All those straightforward ways have failure modes which will definitely occur in at least some range of parameters, and we don't know exactly what those parameter ranges are.

This is a very strong claim which to my knowledge has not been well-justified anywhere.  Daniel K agreed with me the other day that there isn't a standard reference for this claim.  Do you know of one?

There are a couple problems I see here:

  • Simple is not the same as obvious.  Even if someone at some point tried to think of every obvious solution and justifiably discarded them all, there are probably many "obvious" solutions they didn't think of.
  • Nothing ever gets counted as evidence against this claim.  Simple proposals get rejected on the basis that everyone knows simple proposals won't work.

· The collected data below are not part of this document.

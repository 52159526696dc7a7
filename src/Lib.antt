-- ===== src/Lib.antt =====
-- Verification library of the Governance IoT device firmware.
--
-- The platform provisions, updates and observes microcontrollers. This library models the core that
-- its MQTT firmwares share, the component perceptive-layer/mqtt_protobuff/governance_core: a state
-- machine in one task, handlers that MQTT, WiFi and timer events call, tasks for updates and
-- restarts, and what all of them keep in flash.
--
-- The parts, with the sources under perceptive-layer/mqtt_protobuff/governance_core:
--   AppState    src/AppState.cpp, include/AppState.h: the state of the device, the queue of error
--               events and the mask of active errors. register and settle are the critical sections
--               of setError and resolveError. AppState/Tracking has the mask behind calls of every kind.
--   Device      the state that the modules share, as the record World, and the calls of AppState
--               that also write to flash: set_error, resolve_error, load_persisted_errors. Device/Race
--               has these calls as steps of several tasks.
--   Ota         src/OtaManager.cpp: verify_and_update, download_OTA, set_valid_version,
--               set_invalid_version, verify_rollback.
--   Command     src/CommandProcessor.cpp: manage and the tasks that it starts, with the two calls of
--               src/WatchdogManager.cpp that report errors.
--   Mqtt        src/MqttManager.cpp: the events of the client, reconnection and subscriptions.
--   Wifi        src/WifiManager.cpp: the station, its retries, the wait for a connection, the
--               recovery and the access point.
--   Crypto      src/CryptoManager.cpp: what the boot reads of the credentials; Crypto/Provisioning has
--               the key, its request and the answer of the service.
--   Payload     src/PayloadManager.cpp: JSON objects, field by field.
--   Core        src/governance_core.cpp: Publish (messages), Errors (handle_error), Boot (the handlers
--               up to MQTT_INIT, and SENSORS_INIT), Audit (handle_boot_audit), Loop (the main loop),
--               Power (hibernation, the decision at a wake, deep sleep), Tasks (a round of telemetry_task,
--               status_task and mqtt_publisher_task).
-- The firmwares that use the core, under perceptive-layer/mqtt_protobuff:
--   Sensors     FIRM_OPERATIONAL_MQTT_PROTOBUFF/main: SensorDiscovery.cpp, AdcManager.cpp; Sensors/Hooks
--               has BatteryManager.cpp and the hooks of main.cpp.
--   Gps         FIRM_OPERATIONAL_MQTT_PROTOBUFF/main/src/GpsManager.cpp: the lines and the fix.
--   Portal      FIRM_PROVISIONING_MQTT_PROTOBUFF/main/src/CaptivePortal.cpp: the form and its decoding.
--   Http        FIRM_PROVISIONING_MQTT_PROTOBUFF/main/src/HttpService.cpp: one request.
--   Provisioning  FIRM_PROVISIONING_MQTT_PROTOBUFF/main/main.cpp: the handlers of its main loop, and
--               Provisioning/Onboarding the way from the form of the portal over two boots to the broker.
-- The firmware over HTTP/2:
--   Grpc        perceptive-layer/grpc/grpc_only/main/src/GrpcManager.cpp: frames and the subscription;
--               Grpc/Client has the manager around them.
--   GrpcFirmware  perceptive-layer/grpc/grpc_only/main: State (src/AppState.cpp, with one last error in
--               place of a queue), Ota (src/OtaManager.cpp), Command (src/CommandProcessor.cpp), Crypto
--               (src/CryptoManager.cpp and src/HttpService.cpp), Main, Reports and Audit (the handlers of
--               main.cpp), Loop (the main loop, and beside it the commands of the stream and the tasks of the
--               updates).
-- For all of them:
--   Nvs         the flash storage of ESP-IDF, an interface with the documented laws of its calls.
--   Prelude     shared names, tests on numbers, lists, bits and text.
--   Tests       the theorems at concrete inputs.
--
-- A call that changes state is a function from World to World, with its result beside it. Calls
-- that may stop the chip return an Outcome. Requests to the network, the timers and the tasks are a
-- list of effects in World, newest first. What ESP-IDF, cJSON, nanopb and the hooks of a specific
-- firmware answer are arguments, and so are the answers of mbedTLS, minmea, h2client,
-- esp_http_client and the C library. The float arithmetic of the battery is an interface. A handle
-- of the flash storage is its namespace, its writes succeed, and a text that does not fit the
-- buffer of its reader is read as empty, as nvs_get_str leaves it. Logging and delays are left out.
-- Buffers for topics and details are taken as large enough for what is printed into them, but for
-- the details of the provisioning firmware, which are cut as snprintf cuts them.
--
-- Fuel: wait_loop of Wifi takes the rounds that a wait may use; 200 are enough, since a round without
-- news lasts half a second and the wait ends after 100 s. drain takes the length of the queue, which is
-- enough when no other task adds an event while it runs; an event that another task adds then stays
-- queued for the next turn. scan of Grpc takes one round more than the buffer has bytes, and a frame has
-- five at least. wait_loop of Gps takes one round more than the timeout has tenths of a second.
--
-- Not modelled: the copies of the core's managers in the provisioning firmware, for which the models of
-- the core stand (the copy of AppState lacks the limit of the queue, which the model keeps);
-- BmpManager.cpp, the web server and the initialisation of drivers, which hold no logic; in the firmware
-- over HTTP/2 the MqttManager, which it never starts, and the portal; the variants over JSON, which are
-- older copies of the same managers; nanopb, minmea, h2clientserver_grpc_ready and generated messages,
-- which are other projects' code; and the services, applications and brokers of the platform.
pub mod Prelude
pub mod Nvs
pub mod AppState
pub mod Device
pub mod Ota
pub mod Command
pub mod Mqtt
pub mod Wifi
pub mod Crypto
pub mod Core
pub mod Grpc
pub mod GrpcFirmware
pub mod Gps
pub mod Sensors
pub mod Portal
pub mod Payload
pub mod Http
pub mod Provisioning
pub mod Tests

A MIRI employee openly admitted here that they apply different standards of evidence to claims of safety vs claims of not-safety.  Maybe there are good arguments for that, but the problem is that if you're not careful, your view of reality is gonna get distorted.  Which means community wisdom on claims such as "simple solutions never work" is likely to be systematically wrong.  "Everyone knows X", without a good written defense of X, or a good answer to "what would change the community's mind about X", is fertile ground for information cascades etc.  And this is on top of standard ideological homophily problems (the AI safety community is very self-selected subset of the broader AI research world).

What I'm saying is, that truss is design is 100% going to fail once it gets big enough, and we don't currently know how big that is. When I say "it's hard to design a long bridge which won't fall down", I do not mean a bridge which might not fall down if we're lucky and just happen to be within the safe parameter range.

My perception of your behavior in this thread is: instead of talking about whether the bridge can be extended, you changed the subject and explained that the real problem is that the bridge has to support very heavy trucks.  This is logically rude.  And it makes it impossible to have an in-depth discussion about whether the bridge design can actually be extended or not.  From my perspective, you've pulled this conversational move multiple times in this thread.  It seems to be pretty common when I have discussions about AI safety people.  That's part of why I find the discussions so frustrating.  My view is that this is a cultural problem which has to be solved for the AI safety community to do much useful AI safety work (as opposed to "complaining about how hard AI safety is" work, which is useful but insufficient).

Anyway, I'll let you have the last word in this thread.

Comment by john_maxwell on Alignment As A Bottleneck To Usefulness Of GPT-3 · 2020-07-25T09:47:50.860Z · score: 2 (1 votes) · LW · GW

if we're not just optimizing for predictive power, then we need some other design criteria, some other criteria for whether/how well the system is working.

Optimize for having a diverse range of models that all seem to fit the data.